# News & Current Events > Economy & Markets >  What is the difference between all the damn AMEX credit card colors...?

## Reason

My friend says that his "blue" AMEX card has no annual fee and gives him rewards points.

I want to ditch my secured credit card now that I have built up some credit for a card that actually gives me rewards points.

I get the pre approved credit card offers in the mail all the time now that I have credit but all the AMEX ones I have seen have annual fees.

Any thoughts/guidance with this?

----------


## angelatc

I think blue is a revolving card, while the entire balance on the gold is due monthly.

According to this, the blue has no annual fee.

----------


## Reason

looking at this site

http://www201.americanexpress.com/ge...s/no-fee-cards

it seems like the "blue cash" one would be the best assuming what it says turns out to be true...

----------


## Reason

or maybe the costco one since the blue cash one only awards the 5% if you spend a ton of $...

hmmm...

----------


## ghengis86

> I think blue is a revolving card, while the entire balance on *the gold is due monthly*.
> 
> According to this, the blue has no annual fee.

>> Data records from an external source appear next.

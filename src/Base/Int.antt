-- ===== src/Base/Int.antt =====
-- Integers over the native numbers: C's `int` and `long` where a value can be negative.
use Prim.Native.Nat.{ℕ, ◌+◌, ◌-◌, ◌^◌}
use goofyos.Base.Tests.{leb, ltb, if◌then◌else◌}

-- `negsuc n` is -(n + 1).
pub data ℤ : Type 0 where
  pos : ℕ → ℤ
  negsuc : ℕ → ℤ

-- a - b, as an integer.
abbrev pub sub_ℕ : ℕ → ℕ → ℤ
sub_ℕ a b = if leb b a then pos (a - b) else negsuc (b - a - 1)

-- -a, as an integer.
abbrev pub neg_ℕ : ℕ → ℤ
neg_ℕ a = sub_ℕ 0 a

-- The `int` that a bit pattern below 2 ^ 32 stands for.
abbrev pub signed32 : ℕ → ℤ
signed32 w = if ltb w (2 ^ 31) then pos w else negsuc (2 ^ 32 - w - 1)

-- |a|, as a number of any size.
abbrev pub abs : ℤ → ℕ
abs (pos n) = n
abs (negsuc n) = n + 1
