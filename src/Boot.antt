-- ===== src/Boot.antt =====
-- The start-up code of kernel/src/boot.
pub mod Cmdline
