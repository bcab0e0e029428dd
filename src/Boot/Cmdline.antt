-- ===== src/Boot/Cmdline.antt =====
-- The kernel command line of kernel/src/boot/cmdline.c. A string is the list of its bytes up to the
-- NUL, and `kernel_cmdline` the list of its words. kzalloc does not fail.
pub mod Laws
use goofyos.Base.{
  ℕ, zero, suc, Bool, true, false, List, [], ◌∷◌, ◌++◌, Option, none, some, leb, ltb, ◌==◌,
  if◌then◌else◌, length,
}

abbrev pub max_cmdline_command : ℕ
max_cmdline_command = 512

abbrev pub and_then : List ℕ → Option (List (List ℕ)) → Option (List (List ℕ))
and_then word none = none
and_then word (some args) = some (word ∷ args)

-- The loop of build_args with `word` in `curr_word`; `none` is a write behind its end.
unfoldable pub build_from : List ℕ → List ℕ → Option (List (List ℕ))
build_from word [] = if leb max_cmdline_command (length word) then none else some (word ∷ [])
build_from word (c ∷ cmd) =
    let next : Option (List (List ℕ)) = and_then word (build_from [] cmd) in
    let longer : Option (List (List ℕ)) = build_from (word ++ c ∷ []) cmd in
    if leb max_cmdline_command (length word) then none else if c == b' ' then next else longer

unfoldable pub build_args : List ℕ → Option (List (List ℕ))
build_args cmd = build_from [] cmd

-- What stands in front of the first `=`.
unfoldable pub make_key : List ℕ → List ℕ
make_key [] = []
make_key (c ∷ current) = if c == b'=' then [] else c ∷ make_key current

-- What stands behind the first `=`.
unfoldable pub make_val : List ℕ → List ℕ
make_val [] = []
make_val (c ∷ current) = if c == b'=' then current else make_val current

-- `!strncmp(key, query, n)`
unfoldable pub same_start : ℕ → List ℕ → List ℕ → Bool
same_start zero key query = true
same_start (suc n) [] [] = true
same_start (suc n) [] (d ∷ query) = false
same_start (suc n) (c ∷ key) [] = false
same_start (suc n) (c ∷ key) (d ∷ query) = if c == d then same_start n key query else false

-- `curr->arg + keylen`
abbrev pub behind_key : ℕ → List ℕ → List ℕ
behind_key zero arg = arg
behind_key (suc n) [] = []
behind_key (suc n) (c ∷ arg) = behind_key n arg

-- `none` is NULL.
unfoldable pub find_cmdline : List ℕ → List (List ℕ) → Option (List ℕ)
find_cmdline query [] = none
find_cmdline query (arg ∷ args) =
    if same_start max_cmdline_command (make_key arg) query
    then some (make_val (behind_key (length (make_key arg)) arg))
    else find_cmdline query args

unfoldable pub cmdline_contains : List ℕ → List (List ℕ) → Bool
cmdline_contains query args = is_found (find_cmdline query args)
  where
    is_found : Option (List ℕ) → Bool
    is_found none = false
    is_found (some _) = true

they let you pay over time with purchases over $200 on the gold card now.

i got my gold card and the for the first year, they waived the annual fee (~$175 i think).  second year, i called an asked for them to waive the fee and they did again (told them otherwise I'm canceling the card).  third year, i called and they wouldn't waive the fee.  i said i'm canceling, they said, ok.  so i don't have it any more.

the gold card had good rewards, they did have excellent customer service and I liked not having any interest payments.  the downside was that they wanted $175 per year.  I got a platinum rewards matercard through my bank with no annual fee and i don't miss the gold card one bit.

there's tons of cards out there with all sorts of cash back, rewards, etc.  do a google search for credit card comparison sites and you'll find what you're looking for.

----------


## Jordan

You want this one:

----------


## DamianTV

The difference is in the way that the light reflects off of the material, which influences the wavelength of the light that is reflected off, thus giving the object different colors.

Oh, you meant what does the color mean?  No clue.

----------


## Jordan

Depending on what kind of things you buy and the kinds of places you shop, the card can make a pretty big difference.

I have an amex, and rarely does it ever get pull out of my wallet.  The rewards points are okay at best, but don't sign up for "travel rewards" since its essentially a show-us-you-traveled-somewhere-and-then-we'll-credit-your-card-with-your-rewards program.

Also, a number of places (you learn pretty quickly) won't take American Express cards because of the merchant fees.  It gets real annoying after awhile.  Oh, and I don't know if it's part of retail training, but expect to get ID'd more frequently than with other cards.  I'm guessing its because you don't have to sign but only type in your zip code to confirm a purchase, not sure...

I'd go for a Chase Freedom.  Zero annual fees and 5% cashback on gas and 1% cashback on everything else.  Great card.

----------


## cubical

i have am AmEx card from USAA and its great. Up to 1.25% cash back on everything(teared up according to how much you spend, but you get a bonus each tear). Rewards come at the end of the year, so its like a nice $600-700 bonus.

----------